É que a reclamação – constitucionalmente vocacionada a cumprir a
dupla função a que alude o art. 102, I, “l”, da Carta Política (RTJ 134/1033) – não se qualifica como sucedâneo recursal nem configura instrumento viabilizador do reexame do conteúdo do ato reclamado, eis que tais finalidades revelam-se estranhas à destinação constitucional subjacente à instituição dessa medida processual, consoante adverte a jurisprudência do Supremo Tribunal Federal:
“EMBARGOS DE DECLARAÇÃO EM RECLAMAÇÃO.
CONVERSÃO EM AGRAVO REGIMENTAL. AUSÊNCIA DE ARGUMENTOS NOVOS. RECLAMAÇÃO UTILIZADA COMO SUCEDÂNEO RECURSAL. INEXISTÊNCIA DE AFRONTA AO ART. 93, INC. IX, DA CONSTITUIÇÃO DA REPÚBLICA. AGRAVO REGIMENTAL NÃO PROVIDO. ....................................................................................................... 3. O instituto da Reclamação não se presta para substituir recurso específico que a legislação tenha posto à disposição do jurisdicionado irresignado com a decisão judicial proferida pelo juízo ‘a quo’. ....................................................................................................... 5. Agravo regimental não provido.” (Rcl 5.465-ED/ES, Rel. Min. CÁRMEN LÚCIA, Pleno – grifei)

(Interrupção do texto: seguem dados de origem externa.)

-- ===== src/Security.antt =====
-- Security Center: the findings and their scores (app/security_center/engine), and the comparison
-- of two audits (app/services/audit_comparison.py).
pub mod Findings
pub mod Scoring
pub mod Assessments
pub mod Comparison
pub mod ScheduledAudit
mod Examples
mod AuditExamples
mod ScheduleExamples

“AGRAVO REGIMENTAL EM RECLAMAÇÃO. A
RECLAMAÇÃO NÃO É SUCEDÂNEO DE RECURSO PRÓPRIO. RECURSO IMPROVIDO. I – A reclamação constitucional não pode ser utilizada como sucedâneo de recurso próprio para conferir eficácia à jurisdição invocada nos autos da decisão de mérito. ....................................................................................................... III – Reclamação improcedente. IV – Agravo regimental improvido.” (Rcl 5.684-AgR/PE, Rel. Min. RICARDO LEWANDOWSKI, Pleno – grifei)
“(…) – O remédio constitucional da reclamação não pode
ser utilizado como um (inadmissível) atalho processual destinado a permitir, por razões de caráter meramente pragmático, a submissão imediata do litígio ao exame direto do Supremo Tribunal Federal. Precedentes. (…).” (Rcl 6.534-AgR/MA, Rel. Min. CELSO DE MELLO, Pleno) Sendo assim, e pelas razões expostas, nego seguimento à presente reclamação, restando prejudicada, em consequência, a apreciação do pedido de medida liminar (CPC/15, art. 932, VIII, c/c o RISTF, art. 21, § 1º).